Boston Qualifier standards
Qualifying times and age group definitions from the Boston Athletic Association (BAA) official qualifying standards, available at boston.athletics.org. These are updated annually; this calculator reflects the 2026 and 2027 qualifying standards as published. Historical cutoff data from BAA registration results.
Splits calculation
Even splits: constant pace = target_time / total_distance. Negative/positive splits: the specified split percentage is applied to the first half pace, with the second half adjusted proportionally so that the total time meets the target. Checkpoint times are computed by cumulative sum of per-kilometre split times. This is a custom implementation with no single authoritative source.
Testing
All formula functions are unit tested. Tests verify:
- Known values from the original papers and textbooks
- Edge cases (zero inputs, very fast and very slow paces)

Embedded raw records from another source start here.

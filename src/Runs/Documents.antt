-- ===== src/Runs/Documents.antt =====
-- The documents of crates/bsrs/src/event_model/documents.rs that a run's bundler composes, and
-- `TypedReading` of crates/bsrs/src/core/reading.rs.
-- `Value` is `serde_json::Value`, `Float` is `f64`: the code carries both and never looks inside.
use bsrs.Prelude.{ℕ, String, Option, none, some, List, if◌then◌else◌, str_eq}
use bsrs.Prelude.Int.{ℤ}

pub record Payload : Type 1 where
  pub Value : Type 0
  pub Float : Type 0

-- A `HashMap` with text keys.
abbrev pub Fields : Type 0 → Type 0
Fields A = List (String × A)

pub data ExitStatus : Type 0 where
  success abort fail : ExitStatus

unfoldable pub as_str : ExitStatus → String
as_str success = "success"
as_str abort = "abort"
as_str fail = "fail"

-- `from_str`; `none` is the error.
unfoldable pub from_str : String → Option ExitStatus
from_str s =
    if str_eq s "success"
    then some success
    else if str_eq s "abort"
    then some abort
    else if str_eq s "fail"
    then some fail
    else none

pub data Dtype : Type 0 where
  string number array boolean integer : Dtype

pub data DtypeNumpy : Type 0 where
  scalar : String → DtypeNumpy
  structured : List (String × String) → DtypeNumpy

pub record LimitsRange (P : Payload) : Type 0 where
  pub high : Option P.Float
  pub low : Option P.Float

pub record RdsRange (P : Payload) : Type 0 where
  pub time_difference : P.Float
  pub value_difference : P.Float

pub record Limits (P : Payload) : Type 0 where
  pub alarm : Option (LimitsRange P)
  pub control : Option (LimitsRange P)
  pub display : Option (LimitsRange P)
  pub warning : Option (LimitsRange P)
  pub hysteresis : Option P.Float
  pub rds : Option (RdsRange P)

pub record DataKey (P : Payload) : Type 0 where
  pub source : String
  pub dtype : Dtype
  pub shape : List (Option ℕ)
  pub dtype_numpy : Option DtypeNumpy
  pub external : Option String
  pub units : Option String
  pub precision : Option ℤ
  pub object_name : Option String
  pub dims : Option (List String)
  pub limits : Option (Limits P)
  pub choices : Option (List String)

pub record PerObjectHint : Type 0 where
  pub fields : Option (List String)
  pub nx_class : Option String

pub record Configuration (P : Payload) : Type 0 where
  pub «data» : Fields P.Value
  pub data_keys : Fields (DataKey P)
  pub timestamps : Fields P.Float

pub record EventDescriptor (P : Payload) : Type 0 where
  pub uid : String
  pub run_start : String
  pub time : P.Float
  pub data_keys : Fields (DataKey P)
  pub configuration : Fields (Configuration P)
  pub name : Option String
  pub hints : Option (Fields PerObjectHint)
  pub object_keys : Fields (List String)

pub record Event (P : Payload) : Type 0 where
  pub uid : String
  pub descriptor : String
  pub time : P.Float
  pub seq_num : ℕ
  pub «data» : Fields P.Value
  pub timestamps : Fields P.Float
  pub filled : Fields P.Value

pub record EventPage (P : Payload) : Type 0 where
  pub uid : List String
  pub descriptor : String
  pub time : List P.Float
  pub seq_num : List ℕ
  pub «data» : Fields (List P.Value)
  pub timestamps : Fields (List P.Float)
  pub filled : Fields (List P.Value)

pub record Datum (P : Payload) : Type 0 where
  pub datum_id : String
  pub resource : String
  pub datum_kwargs : Fields P.Value

pub record DatumPage (P : Payload) : Type 0 where
  pub datum_id : List String
  pub resource : String
  pub datum_kwargs : Fields (List P.Value)

pub record StreamResource (P : Payload) : Type 0 where
  pub uid : String
  pub data_key : String
  pub mimetype : String
  pub uri : String
  pub parameters : Fields P.Value
  pub run_start : Option String

pub record StreamRange : Type 0 where
  pub start : ℕ
  pub stop : ℕ

pub record StreamDatum : Type 0 where
  pub uid : String
  pub stream_resource : String
  pub descriptor : String
  pub indices : StreamRange
  pub seq_nums : StreamRange

pub record RunStop (P : Payload) : Type 0 where
  pub uid : String
  pub run_start : String
  pub time : P.Float
  pub exit_status : ExitStatus
  pub reason : Option String
  pub num_events : Fields ℕ
  pub data_type : Option P.Value
  pub extra : Fields P.Value

-- The two of the ten kinds of document that a bundler's `save` emits.
pub data Document (P : Payload) : Type 0 where
  descriptor_doc : EventDescriptor P → Document P
  event_doc : Event P → Document P

pub record ReadingValue (P : Payload) : Type 0 where
  pub value : P.Value
  pub timestamp : P.Float
  pub alarm_severity : Option ℤ
  pub message : Option String
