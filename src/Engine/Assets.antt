-- ===== src/Engine/Assets.antt =====
-- `pack_external_assets` of crates/bsrs/src/engine/run_engine.rs: one drain of external-asset
-- documents is checked and stamped. The sequence numbers are `u64`. A constructor of `PackError` is
-- the message of a `BsrsError::Plan`; the documents of a drain that fails are dropped by the callers,
-- so a failure carries the registry alone.
pub mod Stamped
pub mod Drain
use bsrs.Prelude.{
  ℕ, ◌+◌, ◌-◌, ◌%◌, ◌^◌, Bool, true, false, not, ◌&&◌, ◌||◌, String, Option, none, some, List, [],
  ◌∷◌, ◌++◌, ◌==◌, if◌then◌else◌, str_eq, any, all, length,
}
use bsrs.Prelude.Maps.{lookup, insert}
use bsrs.Runs.Documents.{Payload, StreamResource, StreamRange, StreamDatum}

-- The documents of a drain, as the packing tells them apart; `D` is any other document.
pub data AssetDoc (P : Payload) (D : Type 0) : Type 0 where
  resource_doc : StreamResource P → AssetDoc P D
  datum_doc : StreamDatum → AssetDoc P D
  other_doc : D → AssetDoc P D

pub data PackError : Type 0 where
  resource_twice unknown_key prefilled unknown_resource uneven : String → PackError
  keys_missing : PackError

-- What the loop carries: the shared width, the keys received, the run's registry of resources.
pub record Pack : Type 0 where
  pub width : Option ℕ
  pub received : List String
  pub registry : List (String × String)

pub data Packed (A : Type 0) : Type 0 where
  packed : A → Pack → Packed A
  failed : List (String × String) → PackError → Packed A

abbrev pub u64_mod : ℕ
u64_mod = 2 ^ 64

abbrev pub contains : List String → String → Bool
contains ks k = any (λ j. str_eq j k) ks

-- `HashSet::insert`
abbrev pub add_key : List String → String → List String
add_key ks k = if contains ks k then ks else ks ++ k ∷ []

abbrev pub or_run : String → Option String → Option String
or_run run none = some run
or_run run (some r) = some r

abbrev pub same_width : Option ℕ → ℕ → Bool
same_width none w = true
same_width (some prev) w = prev == w

abbrev pub stamp : ℕ → StreamDatum → ℕ → StreamDatum
stamp next_seq d w = record d {
  seq_nums = record { start = next_seq; stop = (next_seq + w) % u64_mod };
}

abbrev pub is_nil : List String → Bool
is_nil [] = true
is_nil (k ∷ ks) = false

module _ {P : Payload} {D : Type 0} (run_start : String) (next_seq : ℕ)
    (external : List String) where
  abbrev pub resource_at : Option String → StreamResource P → Pack → Packed (AssetDoc P D)
  resource_at (some k) r s = failed s.registry (resource_twice r.uid)
  resource_at none r s =
      if contains external r.data_key
      then packed (resource_doc (record r { run_start = or_run run_start r.run_start }))
          (record s { registry = insert r.uid r.data_key s.registry })
      else failed s.registry (unknown_key r.data_key)

  unfoldable pub pack_resource : StreamResource P → Pack → Packed (AssetDoc P D)
  pack_resource r s = resource_at (lookup r.uid s.registry) r s

  unfoldable pub pack_datum : StreamDatum → Pack → Packed (AssetDoc P D)
  pack_datum d s =
      let w = d.indices.stop - d.indices.start in
      if not (d.seq_nums.start == 0) || not (d.seq_nums.stop == 0)
      then failed s.registry (prefilled d.uid)
      else elim (lookup d.stream_resource s.registry) [
        | none ↦ failed s.registry (unknown_resource d.stream_resource)
        | some k ↦
            if same_width s.width w
            then packed (datum_doc (stamp next_seq d w))
                (record s { width = some w; received = add_key s.received k })
            else failed s.registry (uneven d.uid)
      ]

  unfoldable pub pack_doc : AssetDoc P D → Pack → Packed (AssetDoc P D)
  pack_doc (resource_doc r) s = pack_resource r s
  pack_doc (datum_doc d) s = pack_datum d s
  pack_doc (other_doc d) s = packed (other_doc d) s

  abbrev pub put_doc : AssetDoc P D → Packed (List (AssetDoc P D)) → Packed (List (AssetDoc P D))
  put_doc d (failed r e) = failed r e
  put_doc d (packed ds s) = packed (d ∷ ds) s

  abbrev pub and_then :
      Packed (AssetDoc P D) → (Pack → Packed (List (AssetDoc P D))) → Packed (List (AssetDoc P D))
  and_then (failed r e) go = failed r e
  and_then (packed d s) go = put_doc d (go s)

  -- `for doc in docs`
  unfoldable pub pack_docs : List (AssetDoc P D) → Pack → Packed (List (AssetDoc P D))
  pack_docs [] s = packed [] s
  pack_docs (d ∷ ds) s = and_then (pack_doc d s) (λ s'. pack_docs ds s')

  -- The check of the keys, after the loop.
  abbrev pub check_keys : Packed (List (AssetDoc P D)) → Packed (List (AssetDoc P D))
  check_keys (failed r e) = failed r e
  check_keys (packed ds s) =
      if not (is_nil s.received)
        && (not (length external == length s.received) || not (all (contains s.received) external))
      then failed s.registry keys_missing
      else packed ds s

  -- The width that is returned is `width.unwrap_or(0)` of the result.
  unfoldable pub pack_external_assets :
      List (AssetDoc P D) → List (String × String) → Packed (List (AssetDoc P D))
  pack_external_assets docs registry =
      check_keys (pack_docs docs (record { width = none; received = []; registry = registry }))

- Format conversion round-trips
- Consistency between the calculator UI and the underlying formula functions
Update policy
Formula implementations are reviewed when:
- A source is updated (e.g., new BAA qualifying standards are published)
- New research significantly revises an established formula
- A user reports an error that is confirmed
- The author identifies an error in a periodic review
The “last updated” date on each guide page reflects when that page’s content was most recently reviewed. Changes to formulas are noted in the methodology section of the relevant guide.
What this site is not
Running science is a complex field, and this site covers a narrow slice of it: the mathematics and tooling side. It does not cover:
- Training plan design or periodisation
- Injury prevention or rehabilitation
- Nutrition, supplementation, or weight management
- Coaching methodology
- Mental performance or psychology
These topics require expertise and credentials the author does not have. Content that touches on any of these areas notes the limitation clearly and directs readers to appropriate qualified sources.